Conectrol = caro, ademas te tratan como en una carniceria.


----------



## Guest (Ene 31, 2009)

y ya que conoces estas tiendas,me puedes decir como suele salir de precio la mayoria de las cosas,esque para ir a comprar poco y gastar mucho,mejor busco otra,jeej


----------



## Ferny (Ene 31, 2009)

Pues en todas las tiendas que conozco (suelo comprar en 4 ó 5 distintas, las dos que te di son las principales) me vienen cobrando más o menos lo mismo por los componentes, o sea que no puedo decir que una sea más cara que otra ya que no tengo con qué comparar...

Lo que puedo hacer es darte precios de algunos componentes que compré en Telkron hace poco, porque todavía tengo el ticket de caja  Es la tienda donde más suelo comprar. Los precios que te doy son en € y sin IVA (les sumas el 16%)

- Transistor BC548: 0.09
- Transistor BC558: 0.05
- Portapilas 9V: 0.1925
- Resistencia 4.7ohm 1/4W: 0.018
- Led bicolor 5mm: 0.2187
- Regulador 7805: 0.2128
- Integrado TDA1524A: 2.2237
- Integrado LM3915N: 2.5018
- Condensador 4700uF 25V: 0.555
- Condensador 2.2uF 63V: 0.09
- Transformador toroidal 2x12V 50VA: 25.9

PD: a Conectrol e ido pocas veces, pero no me he sentido tratado ni mejor ni peor que en otros sitios...


----------



## Guest (Ene 31, 2009)

Ferny dijo:
			
		

> ...
> 
> PD: a Conectrol e ido pocas veces, pero no me he sentido tratado ni mejor ni peor que en otros sitios...



Si lo digo porque literalmente tienes que cojer un tiket de carnizeria para pedir la vez.


----------



## rizome (Feb 17, 2009)

En Telkron, también tienes que cojer tiket con número (o así era cuando yo iba)
Dejé de ir por cuatro motivos:
- El horario es muy reducido... es horario comercial, pero más reducido que en Conectrol.

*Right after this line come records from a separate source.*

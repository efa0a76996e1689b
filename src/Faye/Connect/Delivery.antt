-- ===== src/Faye/Connect/Delivery.antt =====
-- The delivery of a batch of messages.
use matrix_groupme_bridge.Prelude.{
  ◌≡◌, refl, List, [], ◌∷◌, ◌++◌, Option, none, some, done, arith, All,
}
use matrix_groupme_bridge.Faye.Message.{Message}
use matrix_groupme_bridge.Faye.Transport.{Net}
use matrix_groupme_bridge.Faye.Client.{Subscription, Sys, deliver_task, run_incoming}
use matrix_groupme_bridge.Faye.Connect.{find_subscription, handle_messages}

module _ (net : Net) (s : Sys net) where
  -- The message as the extensions leave it, and the subscription that it goes to.
  abbrev seen : Message → Message
  seen m = run_incoming s.client.extns m

  abbrev pub target : Message → Option Subscription
  target m = find_subscription s.subs s.client.subscriptions (seen m).channel

  -- A batch of messages that no subscription matches changes nothing.
  pub handle_messages_unmatched :
      (ms : List Message) → All (λ m. target m ≡ none) ms → handle_messages net ms s ≡ done tt s
  unfolding handle_messages
  handle_messages_unmatched [] h = refl
  handle_messages_unmatched (m ∷ ms) (h, hs) = ground (arith, handle_messages_unmatched ms hs)

  -- Of a batch, the first message that a subscription matches is sent to the channel of the first
  -- such subscription, and nothing else is done, whatever messages follow it.
  pub handle_messages_first :
      (before : List Message) (m : Message) (after : List Message) (sub : Subscription)
      → All (λ m'. target m' ≡ none) before
      → target m ≡ some sub
      → handle_messages net (before ++ m ∷ after) s
        ≡ done tt (record s {
          spawned = s.spawned ++ deliver_task sub.msg_chan (run_incoming s.client.extns m) ∷ [];
        })
  unfolding handle_messages
  handle_messages_first [] m after sub h e = ground arith
  handle_messages_first (m' ∷ before) m after sub (h, hs) e =
      ground (arith, handle_messages_first before m after sub hs e)
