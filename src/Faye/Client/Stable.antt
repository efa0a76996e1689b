-- ===== src/Faye/Client/Stable.antt =====
-- What sending a message keeps: every predicate that a step of the counter of messages keeps and that does
-- not look at the network or at the goroutines that a reply starts.
use matrix_groupme_bridge.Prelude.{
  ℕ, String, List, [], ◌∷◌, ◌++◌, Result, ok, err, Outcome, done, panics, unfinished, Run, Ends,
  Keeps, Keeps-bind, Keeps-pure, Keeps-panic, get_elem?, add64, Option-cases, inl, inr,
}
use matrix_groupme_bridge.Faye.Message.{Message, Advice, decode_response}
use matrix_groupme_bridge.Faye.Transport.{Net, transport_send, transport_send_only}
use matrix_groupme_bridge.Faye.Client.{
  handle_advice_task, handle_messages_task, deliver_task, Sys, setup_send, send, send_only,
  send_prepared, send_only_prepared, received, shown, current_transport, on_world, resumed,
}

pub record Stable (net : Net) (P : Sys net → Type 0) : Type 0 where
  pub counted :
      (s : Sys net) (msg : Message)
      → P s
      → P (record s { client = record s.client { message_id = add64 s.client.message_id 1 } })
  pub elsewhere : (s : Sys net) (w : net.World) → P s → P (record s { world = w })
  pub advised :
      (s : Sys net) (a : Advice)
      → P s
      → P (record s { spawned = s.spawned ++ handle_advice_task a ∷ [] })
  pub handed :
      (s : Sys net) (ms : List Message)
      → P s
      → P (record s { spawned = s.spawned ++ handle_messages_task ms ∷ [] })
  pub delivered :
      (s : Sys net) (c : ℕ) (m : Message)
      → P s
      → P (record s { spawned = s.spawned ++ deliver_task c m ∷ [] })

module _ (net : Net) (P : Sys net → Type 0) (stable : Stable net P) where
  pub setup_send-Keeps : (msg : Message) → Keeps P (setup_send net msg)
  unfolding setup_send
  setup_send-Keeps msg = record { at = λ s h. stable.counted s msg h }

  pub current_transport-Keeps : Keeps P (current_transport net)
  unfolding current_transport
  current_transport-Keeps = record {
    at = λ s h. elim (Option-cases s.client.transport) [
      | inl e ↦ rw (e, current_transport) tt
      | inr (i, e) ↦
          rw (e, current_transport)
            (elim (Option-cases (get_elem? s.registered i)) [
              | inl q ↦ rw (q, current_transport) tt
              | inr (t, q) ↦ rw (q, current_transport) h
            ])
    ];
  }

  back :
      {A : Type 0} (s : Sys net)
      → P s
      → (o : Outcome net.World A) → Ends (λ _ u. P u) (resumed net s o)
  back s h (done a w) = stable.elsewhere s w h
  back s h (panics p) = tt
  back s h unfinished = tt

  pub on_world-Keeps : {A : Type 0} (m : Run net.World A) → Keeps P (on_world net m)
  unfolding on_world
  on_world-Keeps m = record { at = λ s h. back s h (m s.world) }

  pub decode_response-Keeps :
      (r : Result (List Message)) → Keeps P (decode_response {S = Sys net} r)
  unfolding decode_response
  decode_response-Keeps (err e) = Keeps-pure _
  decode_response-Keeps (ok []) = Keeps-panic _
  decode_response-Keeps (ok (m ∷ ms)) = Keeps-pure _

  shown-Keeps : (r : Result (Message × List Message)) → Keeps P (shown net r)
  unfolding shown
  shown-Keeps (err e) = Keeps-pure _
  shown-Keeps (ok (m, [])) = Keeps-pure _
  shown-Keeps (ok (m, n ∷ ms)) = record { at = λ s h. h }

  received-Keeps : (r : Result String) → Keeps P (received net r)
  unfolding received
  received-Keeps (err e) = Keeps-pure _
  received-Keeps (ok body) = Keeps-bind _ _ (decode_response-Keeps _) shown-Keeps

  send_prepared-Keeps : (r : Result Message) → Keeps P (send_prepared net r)
  unfolding send_prepared
  send_prepared-Keeps (err e) = Keeps-pure _
  send_prepared-Keeps (ok msg) =
      Keeps-bind _ _ current_transport-Keeps
        λ t. Keeps-bind _ _ (on_world-Keeps (transport_send net t msg)) received-Keeps

  pub send-Keeps : (msg : Message) → Keeps P (send net msg)
  unfolding send
  send-Keeps msg = Keeps-bind _ _ (setup_send-Keeps msg) send_prepared-Keeps

  send_only_prepared-Keeps : (r : Result Message) → Keeps P (send_only_prepared net r)
  unfolding send_only_prepared
  send_only_prepared-Keeps (err e) = Keeps-pure _
  send_only_prepared-Keeps (ok msg) =
      Keeps-bind _ _ current_transport-Keeps
        λ t. Keeps-bind _ _ (on_world-Keeps (transport_send_only net t msg)) λ e. Keeps-pure _

  pub send_only-Keeps : (msg : Message) → Keeps P (send_only net msg)
  unfolding send_only
  send_only-Keeps msg = Keeps-bind _ _ (setup_send-Keeps msg) send_only_prepared-Keeps
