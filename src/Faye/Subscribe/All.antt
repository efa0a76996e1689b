-- ===== src/Faye/Subscribe/All.antt =====
-- What `ResubscribeAll` starts.
use matrix_groupme_bridge.Prelude.{ℕ, ◌≡◌, List, [], ◌∷◌, ◌++◌, done, map, false}
use mathlib.Core.List.{append_assoc, append-nil}
use matrix_groupme_bridge.Faye.Transport.{Net}
use matrix_groupme_bridge.Faye.Client.{Subscription, Sys, resubscribe_task}
use matrix_groupme_bridge.Faye.Subscribe.{set_stop_polling, fork_all, resubscribe_all}

-- The subscriptions behind the pointers, told to poll again.
abbrev pub restarted : List ℕ → List Subscription → List Subscription
restarted [] subs = subs
restarted (i ∷ is) subs = restarted is (set_stop_polling false i subs)

module _ (net : Net) where
  fork_all_lem :
      (is : List ℕ) (s : Sys net)
      → fork_all net is s
        ≡ done tt (record s {
          subs = restarted is s.subs;
          spawned = s.spawned ++ map resubscribe_task is;
        })
  unfolding fork_all
  fork_all_lem [] s = rw append-nil
  fork_all_lem (i ∷ is) s = rw (fork_all_lem is) (simp append_assoc)

  -- `ResubscribeAll` empties the client's list, starts one goroutine for each subscription that was
  -- in it, in order, and clears the stop flags of those subscriptions; nothing else changes.
  pub resubscribe_all_lem :
      (s : Sys net)
      → resubscribe_all net s
        ≡ done tt (record s {
          client = record s.client { subscriptions = [] };
          subs = restarted s.client.subscriptions s.subs;
          spawned = s.spawned ++ map resubscribe_task s.client.subscriptions;
        })
  unfolding resubscribe_all
  resubscribe_all_lem s = fork_all_lem s.client.subscriptions _
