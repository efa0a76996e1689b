-- ===== src/Faye/Connect/Stable.antt =====
-- What connecting, publishing and the delivery of messages keep.
use matrix_groupme_bridge.Prelude.{
  String, List, [], ◌∷◌, Result, ok, err, Keeps, Keeps-bind, Keeps-pure, Keeps-if, Bool-cases,
  Option-cases, inl, inr,
}
use matrix_groupme_bridge.Prelude.Json.{Fields}
use matrix_groupme_bridge.Faye.Message.{Message}
use matrix_groupme_bridge.Faye.Transport.{Net}
use matrix_groupme_bridge.Faye.Client.{Sys, run_incoming}
use matrix_groupme_bridge.Faye.Client.Stable.{
  Stable, send-Keeps, send_only-Keeps, current_transport-Keeps,
}
use matrix_groupme_bridge.Faye.Connect.{
  find_subscription, handle_messages, connect_reply, connect_as, connect, publish_reply, publish,
}

module _ (net : Net) (P : Sys net → Type 0) (stable : Stable net P) where
  pub handle_messages-Keeps : (ms : List Message) → Keeps P (handle_messages net ms)
  unfolding handle_messages
  handle_messages-Keeps [] = record { at = λ s h. h }
  handle_messages-Keeps (m ∷ ms) = record {
    at = λ s h.
        elim (Option-cases (
          find_subscription s.subs s.client.subscriptions
            (run_incoming s.client.extns m).channel)) [
              | inl e ↦ rw (e, handle_messages) ((handle_messages-Keeps ms).at s h)
              | inr (sub, e) ↦ rw (e, handle_messages) (stable.delivered s sub.msg_chan _ h)
            ];
  }

  connect_reply-Keeps : (r : Result (Message × List Message)) → Keeps P (connect_reply net r)
  unfolding connect_reply
  connect_reply-Keeps (err e) = Keeps-pure _
  connect_reply-Keeps (ok (response, messages)) = record {
    at = λ s h. elim (Bool-cases response.successful) [
      | inl good ↦ rw good (stable.handed _ messages (stable.advised s response.advice h))
      | inr bad ↦ rw bad (stable.advised s response.advice h)
    ];
  }

  connect_as-Keeps : (kind : String) (msg : Message) → Keeps P (connect_as net kind msg)
  unfolding connect_as
  connect_as-Keeps kind msg =
      Keeps-if _ _ _ (send_only-Keeps net P stable msg)
        (Keeps-bind _ _ (send-Keeps net P stable msg) connect_reply-Keeps)

  pub connect-Keeps : Keeps P (connect net)
  unfolding connect
  connect-Keeps = record {
    at = λ s h.
        (Keeps-bind _ _ (current_transport-Keeps net P stable) (λ t. connect_as-Keeps _ _)).at s h;
  }

  publish_reply-Keeps : (r : Result (Message × List Message)) → Keeps P (publish_reply net r)
  unfolding publish_reply
  publish_reply-Keeps (err e) = Keeps-pure _
  publish_reply-Keeps (ok (response, ms)) = record {
    at = λ s h. stable.advised s response.advice h;
  }

  pub publish-Keeps : (channel : String) (content : Fields) → Keeps P (publish net channel content)
  unfolding publish
  publish-Keeps channel content = record {
    at = λ s h. (Keeps-bind _ _ (send-Keeps net P stable _) publish_reply-Keeps).at s h;
  }
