-- ===== src/Faye/Handshake/Stable.antt =====
-- What the first wait and the greetings of a handshake keep, and what follows a handshake.
use matrix_groupme_bridge.Prelude.{
  ℕ, zero, suc, ◌≡◌, refl, String, List, [], ◌∷◌, ◌++◌, Option, none, some, Outcome, done, panics,
  unfinished, Result, ok, err, Ends, Keeps, Keeps-bind, Keeps-pure, Keeps-if, Bool-cases,
  Option-cases, inl, inr, slt64, ◌==◌,
}
use matrix_groupme_bridge.Faye.Message.{Message}
use matrix_groupme_bridge.Faye.Transport.{Net, connection_type, websocket_type}
use matrix_groupme_bridge.Faye.Client.{Sys, unconnected, send, read_poll_task}
use matrix_groupme_bridge.Faye.Client.Stable.{Stable, send-Keeps, current_transport-Keeps}
use matrix_groupme_bridge.Faye.Connect.Stable.{connect-Keeps}
use matrix_groupme_bridge.Faye.Handshake.{
  sleep_for, handshake_message, wait_first, until_greeted, start_reading, after_connect,
  after_handshake,
}

module _ (net : Net) (P : Sys net → Type 0) (stable : Stable net P) where
  pub wait_first-Keeps : Keeps P (wait_first net)
  unfolding wait_first
  wait_first-Keeps = record {
    at = λ s h.
        let (now, w) = net.unix_now s.world in
        let (past, w') = net.unix_now w in
        elim (Bool-cases (slt64 now s.client.next_handshake)) [
          | inr go ↦ rw go (stable.elsewhere s w h)
          | inl wait ↦ rw wait (elim (Option-cases (sleep_for s.client.next_handshake now past)) [
            | inl e ↦ rw (e, wait_first) (stable.elsewhere s w' h)
            | inr (n, e) ↦ rw (e, wait_first) (stable.elsewhere s (net.sleep n w') h)
          ])
        ];
  }

  -- Where a failed greeting may make the client unconnected.
  module _
      (parted : (s : Sys net)
        → P s
        → P (record s { client = record s.client { state = unconnected } })) where
    pub until_greeted-Keeps : (fuel : ℕ) → Keeps P (until_greeted net fuel)
    unfolding until_greeted
    until_greeted-Keeps zero = record { at = λ s h. tt }
    until_greeted-Keeps (suc fuel) = record {
      at = λ s h.
          round s (send net (handshake_message s.client) s) refl
            ((send-Keeps net P stable (handshake_message s.client)).at s h)
            (until_greeted-Keeps fuel);
    }
      where
        round :
            (s : Sys net) (o : Outcome (Sys net) (Result (Message × List Message)))
            → send net (handshake_message s.client) s ≡ o
            → Ends (λ _ u. P u) o
            → Keeps P (until_greeted net fuel)
            → Ends (λ _ u. P u) (until_greeted net (suc fuel) s)
        round s (done (ok r) u) e h k = rw (e, until_greeted) h
        round s (done (err x) u) e h k =
            rw (e, until_greeted) (k.at _ (stable.elsewhere _ (net.sleep 10 u.world) (parted u h)))
        round s (panics p) e h k = rw (e, until_greeted) tt
        round s unfinished e h k = rw (e, until_greeted) tt

  -- Where the goroutine that reads may be started.
  module _
      (reading : (s : Sys net)
        → P s
        → P (record s { spawned = s.spawned ++ read_poll_task ∷ [] })) where
    start_reading-Keeps : Keeps P (start_reading net)
    unfolding start_reading
    start_reading-Keeps = Keeps-bind _ _ (current_transport-Keeps net P stable) λ t.
        Keeps-bind _ _
          (Keeps-if (connection_type t == websocket_type) _ _ (record { at = reading })
            (Keeps-pure tt))
          λ _. Keeps-pure none

    after_connect-Keeps : (e : Option String) → Keeps P (after_connect net e)
    unfolding after_connect
    after_connect-Keeps (some e) = Keeps-pure _
    after_connect-Keeps none = start_reading-Keeps

    pub after_handshake-Keeps : (e : Option String) → Keeps P (after_handshake net e)
    unfolding after_handshake
    after_handshake-Keeps (some e) = Keeps-pure _
    after_handshake-Keeps none = Keeps-bind _ _ (connect-Keeps net P stable) after_connect-Keeps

Ahora Telkron ha ampliado el horario, y ambos abren a mediodía, pero Telkron, cierra los sábados.
- Son muy caros... en Telkron me pedían hasta dos euros, por un LM365. En Conectrol no llegaba al euro. Esto, se repetía en casi todos los componentes.
- Tienen poco stock... al menos... pedí varias cosas que allí no tenían, y en Conectrol sí.
- Laaarga cola de esperas... al menos, cuando iba... En Conectrol, hay días también malos... pero suelen ser más rápidos (y suelo ver más dependientes)... y tienen muchas cosas expuestas en vitrinas, con las que te puedes entretener mientras esperas (más que en Telkron)

Quizá hayan cambiado las cosas en Telkron, pero entre mis amigos, no han perdido la fama de "careros"

En Conectrol, las resistencias, y los condensadores, te los cojes tú mismo de la estantería que tienen al efecto.
(lo cual, también reduce tu espera)


----------